Abbie is 22.5" at the shoulder and 50lbs. She is 7 months so who knows where she will be when she finishes growing. I doubt she will get much taller though, but she will probably fill out another 5-10lbs.

People think she is very small, which is funny since she is completely within standard (though on the small end of the standard).


----------



## selzer

I stopped measuring. 

Jenna is 24.5 inches -- I am ok with that. 
Babs is 24 or just under -- good
Heidi and Tori are similar to Jenna -- not measured, high end of standard, maybe just over.
Odessa is about 23 - 23.5 it is measured on her paper work, she is within whatever standard.
Milla and Ninja are within standard height
Joy is upper end, close to her mother's height, Dolly a little taller, Bear a little shorter -- still upper end of the standard. 

Did I miss anyone?

All but Odessa were bred by me. 

Jenna and Babs' litter contained Cujo, AKA Gigundo Dog, AKA Clifford. 30 inches at the shoulder last time we checked and 86 pounds. We neutered him at 14 weeks and he just never stopped growing. He is six years old and the current joke is "He grew again."


----------



## Cassidy's Mom

Both of mine are well within the SV standard weight-wise. I have never measured them, but neither are overly tall, so I'm sure they're within the standard height-wise as well. 

*Males:
Height at the wither 60 cm to 65 cm (23.62 inches - 25.59 inches)
Weight 30 kg to 40 kg. (66.14 pounds - 88.18 pounds; Midrange = 77 pounds)

Females:
Height at the wither 55 cm to 60 cm (21.65 inches - 23.62 inches)
Weight 22 kg - 32 kg (48.5 pounds - 70.55 pounds; Midrange = 59.5 pounds)*

Keefer is 80 pounds give or take a couple (highest weight has been between 82 and 83 pounds, and I cut back his food a bit since then because I think 80 pounds is an ideal weight for him), Halo is almost exactly at the mid-point of the standard at around 60 pounds.


----------



## holland

Forgot to include Anja she is probably 24" and 70-75 pounds -within the standard


----------



## 1sttimeforgsd

Debbie, thank you for posting that comparison in inches and pounds. I guess that I have been out of school for to long, I had no idea what I was reading.


----------



## CarrieJ

Alice is over standard.
I haven't measured the length, but her height at the withers is 27 1/2 " and she weighs 92 pounds.

BBB (big bossy bitch)
I had her spade (that's for you Selzer), a bit young 6 months. I was probably should have waited a bit longer but with her seizures and size it was going to happen anyway. Plus, only one moody girl in the house at a time...so it's me.


----------



## PaddyD

CarrieJ said:


> Alice is over standard.
> I haven't measured the length, but her height at the withers is 27 1/2 " and she weighs 92 pounds.
> 
> BBB (big bossy bitch)
> I had her spade (that's for you Selzer), a bit young 6 months. I was probably should have waited a bit longer but with her seizures and size it was going to happen anyway. Plus, only one moody girl in the house at a time...so it's me.


Yikes
Alice is well on her way to being 10 feet tall.


----------



## selzer

CarrieJ said:


> Alice is over standard.
> I haven't measured the length, but her height at the withers is 27 1/2 " and she weighs 92 pounds.
> 
> BBB (big bossy bitch)
> I had her spade (that's for you Selzer), a bit young 6 months. I was probably should have waited a bit longer but with her seizures and size it was going to happen anyway. Plus, only one moody girl in the house at a time...so it's me.

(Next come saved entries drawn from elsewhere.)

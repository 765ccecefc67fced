-- ===== src/Bin.antt =====
-- src/databin.c: the list of binary records in memory, with its read position, and its file.
-- A pointer to a list element, or to the record of one, is the number `at` that the element got
-- when it was allocated; a freed element is no longer in the list.
pub mod Walk
pub mod Places
pub mod Opened
pub mod Safe
pub mod Lookup
pub mod Order
pub mod Disk
pub mod RoundTrip
mod Examples
use ic35link.Base.{
  ℕ, suc, ◌+◌, ◌≡◌, Bool, true, false, Option, none, some, List, [], ◌∷◌, ◌++◌, ◌==◌, ◌||◌, not,
  if◌then◌else◌, map, ltb,
}
use ic35link.Base.Int.{ℤ}
use ic35link.Record.{
  Ic35Rec, new_ic35rec, set_ic35recid, set_ic35recchg, set_ic35recdata, get_ic35recdata,
}
use ic35link.Record.Ids.{file_id, rec_id, file_any}

pub record Elmt : Type 0 where
  pub at : ℕ
  pub rec : Ic35Rec

-- `next_at` is the pointer that the next malloc() returns.
pub record Bin : Type 0 where
  pub binlist : List Elmt
  pub binget : Option ℕ
  pub next_at : ℕ

unfoldable pub bin_rewind : Bin → Bin
bin_rewind s = record s { binget = none }

-- The elements behind the one at a pointer: `none` is a pointer to an element that was freed.
unfoldable pub behind : ℕ → List Elmt → Option (List Elmt)
behind at [] = none
behind at (e ∷ es) = let rest = behind at es in if e.at == at then some es else rest

abbrev pub is_in_file : ℕ → Elmt → Bool
is_in_file fileid e = fileid == file_any || file_id e.rec.id == fileid

unfoldable pub first_in_file : ℕ → List Elmt → Option Elmt
first_in_file fileid [] = none
first_in_file fileid (e ∷ es) =
    let rest = first_in_file fileid es in if is_in_file fileid e then some e else rest

abbrev pub at_of : Option Elmt → Option ℕ
at_of none = none
at_of (some e) = some e.at

-- Where bin_getrec() starts to look.
unfoldable pub from : Option ℕ → List Elmt → Option (List Elmt)
from none es = some es
from (some at) es = behind at es

unfoldable pub look : Bin → ℕ → Option (List Elmt) → Option (Option Elmt × Bin)
look s fileid none = none
look s fileid (some es) =
    let found = first_in_file fileid es in some (found, record s { binget = at_of found })

-- `none` when the read position is an element that was freed, which C leaves undefined; else the
-- record found, `none` for NULL, and the list.
unfoldable pub bin_getrec : Bin → ℕ → Option (Option Elmt × Bin)
bin_getrec s fileid = look s fileid (from s.binget s.binlist)

unfoldable pub find_id : ℕ → List Elmt → Option Elmt
find_id recid [] = none
find_id recid (e ∷ es) = let rest = find_id recid es in if e.rec.id == recid then some e else rest

unfoldable pub bin_getrec_byid : Bin → ℕ → Option Elmt
bin_getrec_byid s recid = if rec_id recid == 0 then none else find_id recid s.binlist

-- The record at a pointer is changed in its place.
unfoldable pub change : ℕ → (Ic35Rec → Ic35Rec) → List Elmt → List Elmt
change at f [] = []
change at f (e ∷ es) = (if e.at == at then record e { rec = f e.rec } else e) ∷ change at f es

-- Id and data of one record to another: the source, whose data may be rebuilt, and the target.
unfoldable pub copy_rec : ℕ → Ic35Rec → Ic35Rec → Ic35Rec × Ic35Rec
copy_rec stray to r =
    let (r', bytes, dlen) = get_ic35recdata r in
    (r', set_ic35recdata stray (set_ic35recid to r.id) bytes)

-- `none` is a NULL `ic35rec`. The binary record, whose data may be rebuilt, and the IC35 record.
unfoldable pub bin_updic35rec : ℕ → Option Ic35Rec → Ic35Rec → Ic35Rec × Ic35Rec
bin_updic35rec stray none r = copy_rec stray new_ic35rec r
bin_updic35rec stray (some ic35rec) r = copy_rec stray ic35rec r

abbrev pub has_file : ℕ → List Elmt → Bool
has_file f [] = false
has_file f (e ∷ es) = file_id e.rec.id == f || has_file f es

-- Behind the last element of the file, or at the end when the file has none.
unfoldable pub insert_in_file : ℕ → Elmt → List Elmt → List Elmt
insert_in_file f new [] = new ∷ []
insert_in_file f new (e ∷ es) =
    let rest = insert_in_file f new es in
    if file_id e.rec.id == f then (if has_file f es then e ∷ rest else e ∷ new ∷ es) else e ∷ rest

unfoldable pub put_found : ℕ → Bin → Ic35Rec → Option Elmt → Bin × Ic35Rec × ℕ
put_found stray s r (some e) =
    let (r', to) = copy_rec stray e.rec r in
    (record s { binlist = change e.at (λ old. to) s.binlist }, r', e.at)
put_found stray s r none =
    let (r', to) = copy_rec stray new_ic35rec r in
    let new : Elmt = record { at = s.next_at; rec = to } in
    let es = insert_in_file (file_id r.id) new s.binlist in
    (record s { binlist = es; next_at = suc s.next_at }, r', s.next_at)

-- The list, the IC35 record, whose data may be rebuilt, and the pointer to the binary record.
unfoldable pub bin_putic35rec : ℕ → Bin → Ic35Rec → Bin × Ic35Rec × ℕ
bin_putic35rec stray s r = put_found stray s r (bin_getrec_byid s r.id)

unfoldable pub unlink : ℕ → List Elmt → List Elmt
unlink at [] = []
unlink at (e ∷ es) = let rest = unlink at es in if e.at == at then es else e ∷ rest

unfoldable pub bin_delrec : Bin → ℕ → Bin
bin_delrec s at = record s { binlist = unlink at s.binlist }

unfoldable pub bin_recid : Ic35Rec → ℕ
bin_recid r = r.id

unfoldable pub bin_set_recid : Bin → ℕ → ℕ → Bin
bin_set_recid s at recid = record s { binlist = change at (λ r. set_ic35recid r recid) s.binlist }

-- dataio.h: the status of a PC record, and ic35frec.h: the change flag of a record.
abbrev pub pim_clean : ℕ
pim_clean = 0

abbrev pub pim_dirty : ℕ
pim_dirty = 1

abbrev pub pim_del : ℕ
pim_del = 3

abbrev pub ic35_new : ℕ
ic35_new = 0x80

abbrev pub ic35_mod : ℕ
ic35_mod = 0x40

abbrev pub ic35_del : ℕ
ic35_del = 0x20

abbrev pub ic35_clean : ℕ
ic35_clean = 0x00

unfoldable pub bin_recstat : Ic35Rec → ℕ
bin_recstat r =
    if r.chg == ic35_clean
    then pim_clean
    else if r.chg == ic35_new || r.chg == ic35_mod
    then pim_dirty
    else if r.chg == ic35_del
    then pim_del
    else pim_dirty

-- A status that is none of the three changes nothing.
unfoldable pub set_recstat : Ic35Rec → ℕ → Ic35Rec
set_recstat r stat =
    if stat == pim_clean
    then set_ic35recchg r ic35_clean
    else if stat == pim_dirty
    then set_ic35recchg r ic35_new
    else if stat == pim_del
    then set_ic35recchg r ic35_del
    else r

unfoldable pub bin_set_recstat : Bin → ℕ → ℕ → Bin
bin_set_recstat s at stat = record s { binlist = change at (λ r. set_recstat r stat) s.binlist }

LOL, having spelling as my worst subject, I generally do not get picky about other people's spelling. (I actually do know how to properly use the words there, their, and they're, to, too, and two; but more and more realize, usually too late, that I have typed the wrong word.) But when someone wants to breed GSDs, there are just a few words relevant to the whole business that they should spell properly.


----------



## wildo

There are some TALL dogs in this thread!!! Folks- an inch is designated with a double quotation mark, i.e., 25" whereas a foot is designated with a single quotation mark, 20'. 

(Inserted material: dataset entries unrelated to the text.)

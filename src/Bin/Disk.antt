-- ===== src/Bin/Disk.antt =====
-- src/databin.c: the file of binary records, which bin_open() reads and bin_close() writes. A file
-- is the list of its bytes. A record on disk has a packed header of 9 bytes, whose words have
-- their least significant byte first, and then the raw data.
use ic35link.Base.{
  ℕ, zero, suc, ◌+◌, ◌-◌, ◌*◌, ◌/◌, ◌%◌, ◌^◌, Bool, Option, none, some, List, [], ◌∷◌, ◌++◌, ◌==◌,
  ◌||◌, ◌&&◌, not, if◌then◌else◌, ltb, length, take, drop, get_or, u8, u32,
}
use ic35link.Base.Int.{ℤ, pos, negsuc, ok, err, is_neg}
use ic35link.Record.{
  Ic35Rec, new_ic35rec, set_ic35recid, set_ic35recchg, set_ic35recdata, get_ic35recdata,
}
use ic35link.Bin.{Elmt, Bin}

abbrev pub dword_bytes : ℕ → List ℕ
dword_bytes n = n % 2 ^ 8 ∷ n / 2 ^ 8 % 2 ^ 8 ∷ n / 2 ^ 16 % 2 ^ 8 ∷ n / 2 ^ 24 % 2 ^ 8 ∷ []

abbrev pub dword_of : List ℕ → ℕ
dword_of bs =
    get_or bs 0 0 + get_or bs 1 0 * 2 ^ 8 + get_or bs 2 0 * 2 ^ 16 + get_or bs 3 0 * 2 ^ 24

pub record BinRec : Type 0 where
  pub len : ℕ
  pub rid : ℕ
  pub chg : ℕ

abbrev pub sizeof_binrec : ℕ
sizeof_binrec = 9

abbrev pub binrec_bytes : BinRec → List ℕ
binrec_bytes b = dword_bytes b.len ++ (dword_bytes b.rid ++ (u8 b.chg ∷ []))

abbrev pub binrec_of : List ℕ → BinRec
binrec_of bs = record {
  len = dword_of (take 4 bs);
  rid = dword_of (take 4 (drop 4 bs));
  chg = get_or bs 8 0;
}

-- Returned are the result, the record, and the bytes that go to the file. fwrite() of a block of
-- no bytes writes nothing and returns 0.
unfoldable pub bin_writerec : Ic35Rec → ℤ × Ic35Rec × List ℕ
bin_writerec r =
    let (r', recdata, reclen) = get_ic35recdata r in
    let brec : BinRec = record { len = u32 (sizeof_binrec + reclen); rid = r.id; chg = r.chg } in
    let block = take reclen recdata in
    (if reclen == 0 then err else ok, r', binrec_bytes brec ++ block)

-- A size_t as an int.
abbrev pub int_of : ℕ → ℤ
int_of n = if ltb n (2 ^ 31) then pos n else negsuc (2 ^ 32 - n - 1)

-- The part of _bin_readrec() that follows the header: `rlen` bytes of data are to come.
unfoldable pub readrec_data : ℕ → ℕ → Ic35Rec → List ℕ → ℤ × Ic35Rec × List ℕ
readrec_data stray rlen r file =
    let r' = set_ic35recdata stray r (take rlen file) in
    if rlen == 0
    then (pos 0, r, file)
    else if ltb (length file) rlen
    then (err, r, [])
    else (int_of rlen, r', drop rlen file)

-- The part that follows a header that was read.
unfoldable pub readrec_body : ℕ → BinRec → Ic35Rec → List ℕ → ℤ × Ic35Rec × List ℕ
readrec_body stray brec r file =
    let r' = set_ic35recchg (set_ic35recid r brec.rid) brec.chg in
    let rlen = u32 (brec.len + 2 ^ 32 - sizeof_binrec) in readrec_data stray rlen r' file

-- Returned are the result, the record, and what is left of the file.
unfoldable pub bin_readrec : ℕ → List ℕ → Ic35Rec → ℤ × Ic35Rec × List ℕ
bin_readrec stray file r =
    if ltb (length file) sizeof_binrec
    then (err, r, [])
    else readrec_body stray (binrec_of file) r (drop sizeof_binrec file)

-- The loop of bin_open(), in at most `rounds` rounds: the records up to the first that is not
-- there or not whole.
unfoldable pub read_loop : ℕ → ℕ → List ℕ → List Ic35Rec
read_loop stray zero file = []
read_loop stray (suc rounds) file =
    let (rlen, r, rest) = bin_readrec stray file new_ic35rec in
    let more = read_loop stray rounds rest in if is_neg rlen then [] else r ∷ more

-- The elements that malloc() gives for the records, one after the other.
unfoldable pub elmts : ℕ → List Ic35Rec → List Elmt
elmts at [] = []
elmts at (r ∷ rs) = record { at = at; rec = r } ∷ elmts (suc at) rs

-- What fopen() finds under the name, or stdin has: the bytes of a file, no file, or a file that
-- may not be read.
pub data Source : Type 0 where
  bytes : List ℕ → Source
  absent : Source
  unreadable : Source

unfoldable pub read_source : ℕ → Bin → Source → ℤ × Bin
read_source stray s (bytes file) =
    let rs = read_loop stray (length file) file in
    let es = elmts s.next_at rs in
    (ok, record s { binlist = es; binget = none; next_at = s.next_at + length rs })
read_source stray s absent = (ok, record s { binlist = []; binget = none })
read_source stray s unreadable = (err, record s { binlist = []; binget = none })

-- `[]` is no name, or NULL; 114 is 'r'.
unfoldable pub bin_open : ℕ → Bin → List ℕ → List ℕ → Source → ℤ × Bin
bin_open stray s iomode addrfname source =
    if length addrfname == 0 || not (get_or iomode 0 0 == 114)
    then (ok, record s { binlist = []; binget = none })
    else read_source stray s source

unfoldable pub write_all : List Elmt → List ℕ
write_all [] = []
write_all (e ∷ es) = (bin_writerec e.rec).2 ++ write_all es

-- Whether bin_close() has a file to write: 119 is 'w', 43 is '+'.
abbrev pub wants_file : List ℕ → List ℕ → Bool
wants_file iomode addr_fname =
    not (length addr_fname == 0) && (get_or iomode 0 0 == 119 || get_or iomode 1 0 == 43)

-- `can_write` is whether backup_and_openwr() gets the file open. Returned are the bytes of the
-- file, if one is written, and the list.
unfoldable pub bin_close : Bin → List ℕ → List ℕ → Bool → Option (List ℕ) × Bin
bin_close s iomode addr_fname can_write =
    let freed : Bin = record s { binlist = []; binget = none } in
    if wants_file iomode addr_fname
    then (if can_write then (some (write_all s.binlist), freed) else (none, s))
    else (none, freed)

Pimg is 26" at the withers and 28" long, which puts her above standard. She did not come from a reputable breeder. Edit- and she is currently 68.9 pounds.


----------



## Germanshepherdlova

Brutus 28" at the withers-measured 6 months ago,
116 lbs.-weighed 2 weeks ago.
He is a long dog, but I have not recently measured his length.
Definitely NOT from a reputable breeder.


----------



## wolfstraum

Basha is 58.5 cm 
Bengal 58 cm
Csabre 60 cm
I think Hexe is 58 as well...

Ghost is 62.5 (male)
Fenja - 58 

ATB...
Kyra 58 cm
Alice 58 cm
Cito 64 cm


Cito and Csabre were progeny of Xito (62.5 cm) and Kyra (58 cm) - all KKL1 dogs (except Cito, as I lost him before I could do the koer....I am sure he would have gone KKL1 tho!) All in standand - mid to top range

Lee


----------



## doggiedad

reputable breeder. 4 yrs old. male.
24&1/2"; 88 lbs.


----------



## stolibaby

Stoli is WAY over the standard then I think...he is 29-30" (couldn't get a good read) and is only 65-70lbs....little over 14 mos old and was neutered at 6 months (I didn't know better to wait at the time so that's on me) no idea how long he is though I'll have to check that out.

Oh also pretty sure he is from a byb although at the time I thought she was legit...but she told me Stoli's mom was about 60 lbs and his sire is about 85 lbs so honestly dunno where he'll end up when he's done growing.


----------



## KZoppa

I believe last time i measured Shasta she was 22 or 23" at the shoulder and she hovers around 60-65lbs. She's not grown up much since then and she's certainly not grown out. She's from a BYB/oops


----------



## Anita11811

My gsd turned 7 months yesterday and i didnt measure him. I measured him at 6 months (he grew since then) he was 27 in. from paw to shoulder. 31in. from butt or beginign of tail to just under where the collar lays. At 6 months he weighed 78lbs. he usually gains 10 lbs in one month so he should weigh around 88lbs now. He is VERY lean/Skinny.Right now everything he eats, he sprouts UP! Haha I also got him from a reputable breeder. He was the biggest of the bunch.


----------



## CarrieJ

selzer said:


> LOL, having spelling as my worst subject, I generally do not get picky about other people's spelling. (I actually do know how to properly use the words there, their, and they're, to, too, and two; but more and more realize, usually too late, that I have typed the wrong word.) But when someone wants to breed GSDs, there are just a few words relevant to the whole business that they should spell properly.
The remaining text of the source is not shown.